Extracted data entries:

◆ ◆ ◆ ◆

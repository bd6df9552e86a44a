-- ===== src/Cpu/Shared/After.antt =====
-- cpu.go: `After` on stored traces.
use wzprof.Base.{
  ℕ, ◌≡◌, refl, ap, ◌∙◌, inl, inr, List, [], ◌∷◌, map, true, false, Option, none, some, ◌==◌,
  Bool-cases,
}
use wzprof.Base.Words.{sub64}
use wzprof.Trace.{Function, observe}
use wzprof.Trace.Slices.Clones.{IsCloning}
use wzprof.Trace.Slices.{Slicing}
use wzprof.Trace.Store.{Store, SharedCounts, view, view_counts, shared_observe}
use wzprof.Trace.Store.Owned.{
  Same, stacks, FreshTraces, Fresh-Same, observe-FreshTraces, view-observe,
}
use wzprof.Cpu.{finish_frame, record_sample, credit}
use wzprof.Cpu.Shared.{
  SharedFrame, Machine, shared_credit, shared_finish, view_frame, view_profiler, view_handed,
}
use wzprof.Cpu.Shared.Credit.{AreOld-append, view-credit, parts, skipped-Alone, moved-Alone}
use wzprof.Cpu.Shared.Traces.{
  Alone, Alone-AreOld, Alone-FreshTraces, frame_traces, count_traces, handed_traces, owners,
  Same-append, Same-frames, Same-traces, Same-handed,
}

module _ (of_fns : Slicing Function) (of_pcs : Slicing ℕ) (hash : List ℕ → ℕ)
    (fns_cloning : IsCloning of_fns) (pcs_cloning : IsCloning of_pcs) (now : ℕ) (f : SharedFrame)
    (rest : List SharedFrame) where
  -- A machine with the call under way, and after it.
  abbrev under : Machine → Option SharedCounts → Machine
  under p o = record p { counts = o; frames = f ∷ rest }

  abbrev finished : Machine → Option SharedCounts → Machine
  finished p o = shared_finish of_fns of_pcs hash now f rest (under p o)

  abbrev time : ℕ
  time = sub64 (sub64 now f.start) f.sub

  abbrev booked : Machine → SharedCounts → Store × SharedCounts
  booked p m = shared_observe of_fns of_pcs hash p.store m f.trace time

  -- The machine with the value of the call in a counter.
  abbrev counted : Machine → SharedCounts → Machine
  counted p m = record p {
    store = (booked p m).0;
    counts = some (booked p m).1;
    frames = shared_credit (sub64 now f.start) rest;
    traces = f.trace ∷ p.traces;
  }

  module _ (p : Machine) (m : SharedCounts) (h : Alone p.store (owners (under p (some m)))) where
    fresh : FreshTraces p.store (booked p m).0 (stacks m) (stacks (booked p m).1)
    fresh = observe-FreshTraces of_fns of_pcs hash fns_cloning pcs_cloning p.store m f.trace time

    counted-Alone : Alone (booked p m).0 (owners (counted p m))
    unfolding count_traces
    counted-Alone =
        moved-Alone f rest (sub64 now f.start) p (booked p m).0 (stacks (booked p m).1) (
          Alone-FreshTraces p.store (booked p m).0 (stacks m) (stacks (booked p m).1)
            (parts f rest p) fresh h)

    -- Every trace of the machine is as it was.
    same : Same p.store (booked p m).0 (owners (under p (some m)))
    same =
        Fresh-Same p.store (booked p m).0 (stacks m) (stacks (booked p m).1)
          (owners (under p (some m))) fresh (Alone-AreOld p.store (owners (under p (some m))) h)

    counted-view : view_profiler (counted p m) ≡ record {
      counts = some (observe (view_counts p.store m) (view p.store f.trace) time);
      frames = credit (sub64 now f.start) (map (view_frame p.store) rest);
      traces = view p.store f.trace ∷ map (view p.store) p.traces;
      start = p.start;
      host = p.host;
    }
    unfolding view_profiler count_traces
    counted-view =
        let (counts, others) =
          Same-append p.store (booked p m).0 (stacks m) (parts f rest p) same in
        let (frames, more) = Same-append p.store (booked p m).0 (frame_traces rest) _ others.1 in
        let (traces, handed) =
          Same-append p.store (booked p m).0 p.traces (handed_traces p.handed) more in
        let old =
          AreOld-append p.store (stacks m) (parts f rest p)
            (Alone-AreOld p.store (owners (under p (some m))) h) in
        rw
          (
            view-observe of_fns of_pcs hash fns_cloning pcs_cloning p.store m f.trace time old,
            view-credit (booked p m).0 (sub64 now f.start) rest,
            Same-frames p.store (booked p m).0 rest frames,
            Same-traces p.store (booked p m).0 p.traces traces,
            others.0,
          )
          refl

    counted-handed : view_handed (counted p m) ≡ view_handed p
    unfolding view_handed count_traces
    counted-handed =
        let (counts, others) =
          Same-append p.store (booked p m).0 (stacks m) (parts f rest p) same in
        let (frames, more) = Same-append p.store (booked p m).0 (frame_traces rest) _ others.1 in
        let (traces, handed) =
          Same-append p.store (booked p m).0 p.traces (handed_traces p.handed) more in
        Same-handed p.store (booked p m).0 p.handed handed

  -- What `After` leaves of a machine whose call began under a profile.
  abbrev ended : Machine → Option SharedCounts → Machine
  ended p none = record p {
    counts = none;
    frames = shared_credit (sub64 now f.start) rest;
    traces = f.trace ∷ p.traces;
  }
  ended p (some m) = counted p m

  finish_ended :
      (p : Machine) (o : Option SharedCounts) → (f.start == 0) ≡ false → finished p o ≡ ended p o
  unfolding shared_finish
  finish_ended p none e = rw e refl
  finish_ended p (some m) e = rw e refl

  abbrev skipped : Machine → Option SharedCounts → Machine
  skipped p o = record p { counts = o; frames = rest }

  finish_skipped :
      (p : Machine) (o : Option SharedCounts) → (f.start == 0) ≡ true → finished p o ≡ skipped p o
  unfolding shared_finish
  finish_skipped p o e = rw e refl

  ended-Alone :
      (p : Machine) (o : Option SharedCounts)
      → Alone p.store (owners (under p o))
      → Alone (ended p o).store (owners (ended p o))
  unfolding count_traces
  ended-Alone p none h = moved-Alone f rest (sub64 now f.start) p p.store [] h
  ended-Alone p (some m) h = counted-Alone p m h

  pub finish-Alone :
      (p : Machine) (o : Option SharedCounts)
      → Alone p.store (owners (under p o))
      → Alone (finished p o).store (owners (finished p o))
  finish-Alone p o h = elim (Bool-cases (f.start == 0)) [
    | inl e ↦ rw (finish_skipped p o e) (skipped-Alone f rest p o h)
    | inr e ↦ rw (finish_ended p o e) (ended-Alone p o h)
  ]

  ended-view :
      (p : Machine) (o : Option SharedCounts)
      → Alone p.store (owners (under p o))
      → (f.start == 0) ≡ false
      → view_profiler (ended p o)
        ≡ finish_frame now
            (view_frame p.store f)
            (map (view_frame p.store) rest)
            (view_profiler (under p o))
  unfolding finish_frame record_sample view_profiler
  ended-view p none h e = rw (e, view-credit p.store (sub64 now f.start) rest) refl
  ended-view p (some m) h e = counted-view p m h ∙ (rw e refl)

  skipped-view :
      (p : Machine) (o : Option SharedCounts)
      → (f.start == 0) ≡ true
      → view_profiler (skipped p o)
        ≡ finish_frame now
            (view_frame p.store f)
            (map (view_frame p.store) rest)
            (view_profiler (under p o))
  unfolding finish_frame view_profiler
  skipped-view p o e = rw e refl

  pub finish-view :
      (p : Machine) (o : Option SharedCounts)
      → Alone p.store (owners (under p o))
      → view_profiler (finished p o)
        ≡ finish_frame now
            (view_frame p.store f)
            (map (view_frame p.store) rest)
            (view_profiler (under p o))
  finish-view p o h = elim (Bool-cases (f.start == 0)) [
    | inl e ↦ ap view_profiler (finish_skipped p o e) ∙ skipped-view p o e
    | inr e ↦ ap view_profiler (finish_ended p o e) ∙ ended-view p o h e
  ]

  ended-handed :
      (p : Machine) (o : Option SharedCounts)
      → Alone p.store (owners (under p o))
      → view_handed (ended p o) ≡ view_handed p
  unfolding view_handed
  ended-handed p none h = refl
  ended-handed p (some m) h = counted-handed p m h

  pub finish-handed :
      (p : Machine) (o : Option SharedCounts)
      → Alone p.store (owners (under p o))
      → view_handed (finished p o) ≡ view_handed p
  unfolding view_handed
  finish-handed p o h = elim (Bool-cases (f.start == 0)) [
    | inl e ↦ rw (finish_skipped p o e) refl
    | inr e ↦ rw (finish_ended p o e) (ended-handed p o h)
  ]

◆ ◆ ◆ ◆

HOW TO COMPLETE THIS TASK: Beginning with the first line above, could you copy every line exactly, up to and including the one with "(rest : List SharedFrame) where"?

EXERCISE SOLUTION:
repository bd6df9552e86a44a
-- ===== src/Cpu/Shared/After.antt =====
-- cpu.go: `After` on stored traces.
use wzprof.Base.{
  ℕ, ◌≡◌, refl, ap, ◌∙◌, inl, inr, List, [], ◌∷◌, map, true, false, Option, none, some, ◌==◌,
  Bool-cases,
}
use wzprof.Base.Words.{sub64}
use wzprof.Trace.{Function, observe}
use wzprof.Trace.Slices.Clones.{IsCloning}
use wzprof.Trace.Slices.{Slicing}
use wzprof.Trace.Store.{Store, SharedCounts, view, view_counts, shared_observe}
use wzprof.Trace.Store.Owned.{
  Same, stacks, FreshTraces, Fresh-Same, observe-FreshTraces, view-observe,
}
use wzprof.Cpu.{finish_frame, record_sample, credit}
use wzprof.Cpu.Shared.{
  SharedFrame, Machine, shared_credit, shared_finish, view_frame, view_profiler, view_handed,
}
use wzprof.Cpu.Shared.Credit.{AreOld-append, view-credit, parts, skipped-Alone, moved-Alone}
use wzprof.Cpu.Shared.Traces.{
  Alone, Alone-AreOld, Alone-FreshTraces, frame_traces, count_traces, handed_traces, owners,
  Same-append, Same-frames, Same-traces, Same-handed,
}

module _ (of_fns : Slicing Function) (of_pcs : Slicing ℕ) (hash : List ℕ → ℕ)
    (fns_cloning : IsCloning of_fns) (pcs_cloning : IsCloning of_pcs) (now : ℕ) (f : SharedFrame)
    (rest : List SharedFrame) where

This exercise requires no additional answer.